The people in the grip of this Islamism are not unintelligent about its workings even as they ignore its impact on the peace in their region.
"We need an umbrella," said Mona Mahmoud, 40, Jihan's older sister. "In the 60's, Arabism was the umbrella. We had a cause. Now we lack an umbrella. We feel lost in space. We need to be affiliated to something. Usually in our part of the world, because of what religion means to us, we immediately resort to it."And the pundits of the region see clearly enough that Arab pride has been consistently damaged by western meddling and do not seem alarmed at the price that present regimes will pay for the restoration of dignity:
"The losers are going to be the Arab regimes, U.S.A. and Israel", said Dr. Fares Braizat of the Center for Strategic Studies at the University of Jordan. "The secular resistance movements are gone. Now there are the Islamists coming in. So the new nationalism is going to be religious nationalism, and one of the main reasons is dignity. People want their dignity back."The only Arabs Bush ever dignified were the princes who would sell him oil. I think $70 per barrel does not begin to account for the real price we will pay for that oil.
Beware Arab pride, it is so thick it could cut you with a knife.

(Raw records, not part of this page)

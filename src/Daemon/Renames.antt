-- ===== src/Daemon/Renames.antt =====
-- src/simplecc/simplecc_daemon.rs: which clients the renaming of a file is told to.
use simplecc.Base.{
  ℕ, ◌≡◌, ◌∙◌, sym, refl, String, Bool, true, false, not, ◌&&◌, ◌⊎◌, inl, inr, Bool-cases, Option,
  List, [], ◌∷◌, Result, ok, err, ◌==◌, string_key, eq_iff, if◌then◌else◌, arith,
}
use simplecc.Json.{Json, Items, nil}
use simplecc.Daemon.Handler.{Call, Op, Answer, call, Handler}
use simplecc.Daemon.FileRename.{
  FileRename, identity_of, push_found, will_renamed, did_renamed, rename_at, rename_each,
  rename_checked, handle_file_rename,
}
use simplecc.Daemon.Calls.{calls_of}

module _ (answers : (o : Op) → Answer o) (f : FileRename) (identity current : String) where
  -- The connections are the ones that the preparation has seen, or this is the preparation.
  abbrev pub Unchanged : Type 0
  Unchanged = (f.phase ≡ "prepare") ⊎ (identity ≡ current)

  -- A call of a client: what it has registered for, or the renaming, if it has.
  abbrev pub Permitted : ℕ → Call → Type 0
  Permitted c (Call.matches_file_rename old directory will) = Unchanged
  Permitted c (Call.will_rename_files old new) =
      (old ≡ f.old)
      × (new ≡ f.new)
      × (f.phase ≡ "prepare")
      × (answers (call c (Call.matches_file_rename f.old f.directory true)) ≡ true)
  Permitted c (Call.did_rename_files old new) =
      (old ≡ f.old)
      × (new ≡ f.new)
      × (f.phase ≡ "did")
      × (identity ≡ current)
      × (answers (call c (Call.matches_file_rename f.old f.directory false)) ≡ true)
  Permitted c _ = ⊥

  abbrev pub AllPermitted : List (ℕ × Call) → Type 0
  AllPermitted [] = Unit
  AllPermitted ((c, m) ∷ calls) = Permitted c m × AllPermitted calls

  if-AllPermitted :
      (b : Bool) (h k : Handler)
      → (b ≡ true → AllPermitted (calls_of answers h))
      → (b ≡ false → AllPermitted (calls_of answers k))
      → AllPermitted (calls_of answers (if b then h else k))
  if-AllPermitted true h k first second = first refl
  if-AllPermitted false h k first second = second refl

  will-AllPermitted :
      (edits : Items) (result : Result (Option Json)) (k : Items → Handler)
      → ((e : Items) → AllPermitted (calls_of answers (k e)))
      → AllPermitted (calls_of answers (will_renamed f edits result k))
  will-AllPermitted edits (ok edit) k each = each (push_found edits edit)
  will-AllPermitted edits (err e) k each = tt

  did-AllPermitted :
      (edits : Items) (result : Result (Unit {0})) (k : Items → Handler)
      → ((e : Items) → AllPermitted (calls_of answers (k e)))
      → AllPermitted (calls_of answers (did_renamed f edits result k))
  did-AllPermitted edits (ok done) k each = each edits
  did-AllPermitted edits (err e) k each = tt

  -- What is known when both tests of a phase and of a registration have passed.
  both_true : (s t : String) (b : Bool) → (s == t && b) ≡ true → (s ≡ t) × (b ≡ true)
  both_true s t b h = (ground (arith, h, eq_iff s t), ground (arith, h))

  same_when_did : Unchanged → f.phase ≡ "did" → identity ≡ current
  same_when_did (inl prepare) did =
      let e = (eq_iff "prepare" "did").1 (sym prepare ∙ did) in absurd (ground (arith, e))
  same_when_did (inr same) did = same

  at-AllPermitted :
      (c : ℕ) (will did : Bool) (edits : Items) (k : Items → Handler)
      → Unchanged
      → answers (call c (Call.matches_file_rename f.old f.directory true)) ≡ will
      → answers (call c (Call.matches_file_rename f.old f.directory false)) ≡ did
      → ((e : Items) → AllPermitted (calls_of answers (k e)))
      → AllPermitted (calls_of answers (rename_at f c will did edits k))
  unfolding rename_at
  at-AllPermitted c will did edits k unchanged wills dids each =
      if-AllPermitted (f.phase == "prepare" && will) _ _
        (λ h.
          let (prepare, w) = both_true f.phase "prepare" will h in
          ((refl, refl, prepare, wills ∙ w), will-AllPermitted edits _ k each))
        (λ _.
          if-AllPermitted (f.phase == "did" && did) _ _
            (λ h.
              let (told, d) = both_true f.phase "did" did h in
              (
                (refl, refl, told, same_when_did unchanged told, dids ∙ d),
                did-AllPermitted edits _ k each,
              ))
            (λ _. each edits))

  each-AllPermitted :
      (cs : List ℕ) (supported : Bool) (edits : Items)
      → Unchanged
      → AllPermitted (calls_of answers (rename_each f current cs supported edits))
  unfolding rename_each
  each-AllPermitted [] supported edits unchanged = tt
  each-AllPermitted (c ∷ cs) supported edits unchanged = (
    unchanged,
    (
      unchanged,
      at-AllPermitted c _ _ edits _ unchanged refl refl (λ e. each-AllPermitted cs _ e unchanged),
    ),
  )

  passed : (not (f.phase == "prepare") && not (identity == current)) ≡ false → Unchanged
  passed h = elim (Bool-cases (f.phase == "prepare")) [
    | inl is ↦ inl ((eq_iff f.phase "prepare").0 is)
    | inr other ↦ inr (ground (arith, h, other, eq_iff identity current))
  ]

  checked-AllPermitted :
      (cs : List ℕ) → AllPermitted (calls_of answers (rename_checked f identity current cs))
  unfolding rename_checked
  checked-AllPermitted cs =
      if-AllPermitted (not (f.phase == "prepare") && not (identity == current)) _ _ (λ _. tt)
        (λ h. each-AllPermitted cs false nil (passed h))

-- Whatever the clients answer: a client is asked for the edits of a renaming only while it is
-- prepared, and told of it only afterwards, each with the names of the request and only where the
-- client says that it has registered for them; and after the preparation no client is called at all
-- unless the clients' identity is still the one that the request gives.
pub file_rename-AllPermitted :
    (answers : (o : Op) → Answer o) (address : ℕ → String) (id : ℕ) (old new : String)
    (directory : Bool) (phase identity : String)
    → AllPermitted answers
        (record { id = id; old = old; new = new; directory = directory; phase = phase })
        identity
        (identity_of address (answers Op.active_clients))
        (calls_of answers (handle_file_rename address id old new directory phase identity))
unfolding handle_file_rename
file_rename-AllPermitted answers address id old new directory phase identity =
    checked-AllPermitted answers _ identity (identity_of address (answers Op.active_clients))
      (answers Op.active_clients)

This was a bit of "wisdom" I have always considered unacceptable for posting because, like all generalizations, it is wrong in some ways. It could be read as inflamatory and even cowardly. But if, by speaking in their own language, it would give my crusading neocon administration a clue about the way they are stomping on the sensitivities of the hearts and minds they so desperately need to win, it is worth risking the ways it can be misread. It is politically incorrect but then our present course in world politics is in even more dire need of correction.
We Americans have our pride too of course. And the wanton destruction visited on us by al-Qaida in 2001 damaged that pride. Now, does anyone see how productive and beneficial our measures to restore pride have been? Where the hell is the world going, folks? [clue: the answer was in the question.]